• Prompt:
Quote the entries below from the line with "abbrev refusing : BlockingClient Drip" through the line with "unfolding walk_path r9p.Base.Run.◌>>=◌", both ends included, and only those lines.

Dataset entries
◆ ◆ ◆ ◆

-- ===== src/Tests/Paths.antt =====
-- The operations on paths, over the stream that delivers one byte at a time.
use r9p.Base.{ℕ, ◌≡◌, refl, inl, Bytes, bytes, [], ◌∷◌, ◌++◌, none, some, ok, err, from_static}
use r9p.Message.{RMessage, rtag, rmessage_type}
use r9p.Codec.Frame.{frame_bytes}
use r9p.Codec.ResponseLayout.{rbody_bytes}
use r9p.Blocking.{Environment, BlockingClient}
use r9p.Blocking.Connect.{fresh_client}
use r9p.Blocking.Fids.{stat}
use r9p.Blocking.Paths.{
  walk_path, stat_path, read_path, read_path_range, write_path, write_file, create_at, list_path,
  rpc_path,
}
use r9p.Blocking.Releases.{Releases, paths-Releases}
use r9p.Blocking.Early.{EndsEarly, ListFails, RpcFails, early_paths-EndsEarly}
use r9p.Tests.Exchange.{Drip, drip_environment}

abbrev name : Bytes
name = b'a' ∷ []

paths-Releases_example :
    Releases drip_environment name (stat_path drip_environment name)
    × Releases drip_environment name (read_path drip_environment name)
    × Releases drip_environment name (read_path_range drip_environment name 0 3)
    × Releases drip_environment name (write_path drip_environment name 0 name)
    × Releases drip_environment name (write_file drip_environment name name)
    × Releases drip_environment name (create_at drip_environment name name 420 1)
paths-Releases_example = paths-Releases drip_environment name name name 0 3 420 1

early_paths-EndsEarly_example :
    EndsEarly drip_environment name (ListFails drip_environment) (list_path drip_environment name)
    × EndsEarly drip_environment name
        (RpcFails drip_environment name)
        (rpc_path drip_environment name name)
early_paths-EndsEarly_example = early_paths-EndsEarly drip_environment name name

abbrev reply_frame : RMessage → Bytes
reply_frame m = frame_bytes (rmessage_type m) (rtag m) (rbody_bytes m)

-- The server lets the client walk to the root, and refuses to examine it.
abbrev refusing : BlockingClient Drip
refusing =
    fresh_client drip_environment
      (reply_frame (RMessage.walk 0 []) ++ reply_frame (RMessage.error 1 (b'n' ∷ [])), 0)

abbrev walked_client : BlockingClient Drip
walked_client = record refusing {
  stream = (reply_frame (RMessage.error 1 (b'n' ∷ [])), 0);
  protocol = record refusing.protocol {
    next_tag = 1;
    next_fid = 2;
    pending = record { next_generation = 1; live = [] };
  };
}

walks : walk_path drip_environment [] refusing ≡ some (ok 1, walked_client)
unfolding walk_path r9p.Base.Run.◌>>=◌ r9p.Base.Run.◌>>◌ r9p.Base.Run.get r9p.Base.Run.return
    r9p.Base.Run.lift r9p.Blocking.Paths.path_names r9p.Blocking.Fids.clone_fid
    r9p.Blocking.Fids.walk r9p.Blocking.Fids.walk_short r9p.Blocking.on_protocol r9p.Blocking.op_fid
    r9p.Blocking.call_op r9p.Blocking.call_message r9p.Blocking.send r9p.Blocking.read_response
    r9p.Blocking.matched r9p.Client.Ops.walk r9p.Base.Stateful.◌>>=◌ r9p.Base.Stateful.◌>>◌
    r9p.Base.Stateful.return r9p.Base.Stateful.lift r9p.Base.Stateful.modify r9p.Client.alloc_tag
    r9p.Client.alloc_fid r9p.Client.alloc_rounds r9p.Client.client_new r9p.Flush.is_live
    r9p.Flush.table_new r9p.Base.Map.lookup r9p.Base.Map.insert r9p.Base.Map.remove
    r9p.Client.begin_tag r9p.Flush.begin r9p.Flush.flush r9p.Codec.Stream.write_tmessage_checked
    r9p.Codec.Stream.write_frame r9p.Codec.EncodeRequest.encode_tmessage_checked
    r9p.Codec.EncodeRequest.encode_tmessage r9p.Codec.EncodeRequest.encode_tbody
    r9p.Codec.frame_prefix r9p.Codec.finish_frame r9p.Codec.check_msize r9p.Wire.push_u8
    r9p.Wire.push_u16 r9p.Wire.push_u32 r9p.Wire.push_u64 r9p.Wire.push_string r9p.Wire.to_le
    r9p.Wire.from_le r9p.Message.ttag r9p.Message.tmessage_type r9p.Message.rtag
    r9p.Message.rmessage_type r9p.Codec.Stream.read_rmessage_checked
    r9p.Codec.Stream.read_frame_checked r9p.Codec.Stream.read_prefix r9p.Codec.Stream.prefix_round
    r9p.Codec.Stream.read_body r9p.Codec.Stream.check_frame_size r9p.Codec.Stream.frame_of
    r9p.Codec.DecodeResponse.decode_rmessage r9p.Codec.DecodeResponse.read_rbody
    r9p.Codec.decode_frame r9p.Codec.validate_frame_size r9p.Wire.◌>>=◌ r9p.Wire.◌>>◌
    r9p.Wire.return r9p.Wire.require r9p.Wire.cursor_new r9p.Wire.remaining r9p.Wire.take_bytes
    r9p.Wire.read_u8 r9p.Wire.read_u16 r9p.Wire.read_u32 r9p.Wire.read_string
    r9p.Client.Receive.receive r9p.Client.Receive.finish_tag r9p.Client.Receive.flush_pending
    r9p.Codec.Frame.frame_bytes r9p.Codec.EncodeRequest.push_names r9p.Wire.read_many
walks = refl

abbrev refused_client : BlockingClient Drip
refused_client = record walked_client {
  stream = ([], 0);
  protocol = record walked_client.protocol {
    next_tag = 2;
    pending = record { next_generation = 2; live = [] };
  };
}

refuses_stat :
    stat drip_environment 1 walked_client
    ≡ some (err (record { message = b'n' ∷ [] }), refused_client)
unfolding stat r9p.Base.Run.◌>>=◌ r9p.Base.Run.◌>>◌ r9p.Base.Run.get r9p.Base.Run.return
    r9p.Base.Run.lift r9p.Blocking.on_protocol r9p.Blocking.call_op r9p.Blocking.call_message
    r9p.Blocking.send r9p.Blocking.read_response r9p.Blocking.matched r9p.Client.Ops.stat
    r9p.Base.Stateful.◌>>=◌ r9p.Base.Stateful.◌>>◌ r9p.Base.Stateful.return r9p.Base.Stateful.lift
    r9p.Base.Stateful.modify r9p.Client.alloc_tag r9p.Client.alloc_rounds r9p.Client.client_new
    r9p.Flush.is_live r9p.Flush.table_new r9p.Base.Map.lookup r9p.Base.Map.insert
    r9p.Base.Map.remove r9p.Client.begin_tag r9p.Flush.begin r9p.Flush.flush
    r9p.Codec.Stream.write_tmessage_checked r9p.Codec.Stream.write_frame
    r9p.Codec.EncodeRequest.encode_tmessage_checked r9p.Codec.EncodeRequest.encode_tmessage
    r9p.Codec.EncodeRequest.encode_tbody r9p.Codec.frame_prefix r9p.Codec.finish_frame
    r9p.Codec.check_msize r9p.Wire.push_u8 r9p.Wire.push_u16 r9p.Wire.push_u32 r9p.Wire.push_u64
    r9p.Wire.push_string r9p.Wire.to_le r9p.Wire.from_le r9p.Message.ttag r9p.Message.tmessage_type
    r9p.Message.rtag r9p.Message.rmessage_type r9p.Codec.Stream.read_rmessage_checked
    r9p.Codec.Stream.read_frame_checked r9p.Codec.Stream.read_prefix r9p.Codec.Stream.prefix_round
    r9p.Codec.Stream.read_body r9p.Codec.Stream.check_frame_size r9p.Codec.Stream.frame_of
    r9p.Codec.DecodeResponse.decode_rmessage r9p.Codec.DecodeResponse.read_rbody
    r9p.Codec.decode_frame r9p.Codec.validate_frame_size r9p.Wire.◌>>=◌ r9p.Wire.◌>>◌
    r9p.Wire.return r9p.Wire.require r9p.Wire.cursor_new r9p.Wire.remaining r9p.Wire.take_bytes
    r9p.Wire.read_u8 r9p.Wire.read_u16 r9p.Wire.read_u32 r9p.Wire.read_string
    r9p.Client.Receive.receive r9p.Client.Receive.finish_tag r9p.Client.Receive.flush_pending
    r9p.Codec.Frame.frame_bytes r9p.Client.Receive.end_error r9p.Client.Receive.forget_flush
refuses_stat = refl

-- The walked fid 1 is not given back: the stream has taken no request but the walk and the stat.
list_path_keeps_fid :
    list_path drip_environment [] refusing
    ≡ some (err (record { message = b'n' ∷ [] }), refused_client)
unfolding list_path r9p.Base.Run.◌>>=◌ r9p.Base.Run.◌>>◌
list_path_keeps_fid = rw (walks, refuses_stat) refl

◆ ◆ ◆ ◆

• Exercise solution:
abbrev refusing : BlockingClient Drip
refusing =
    fresh_client drip_environment
      (reply_frame (RMessage.walk 0 []) ++ reply_frame (RMessage.error 1 (b'n' ∷ [])), 0)

abbrev walked_client : BlockingClient Drip
walked_client = record refusing {
  stream = (reply_frame (RMessage.error 1 (b'n' ∷ [])), 0);
  protocol = record refusing.protocol {
    next_tag = 1;
    next_fid = 2;
    pending = record { next_generation = 1; live = [] };
  };
}

walks : walk_path drip_environment [] refusing ≡ some (ok 1, walked_client)
unfolding walk_path r9p.Base.Run.◌>>=◌ r9p.Base.Run.◌>>◌ r9p.Base.Run.get r9p.Base.Run.return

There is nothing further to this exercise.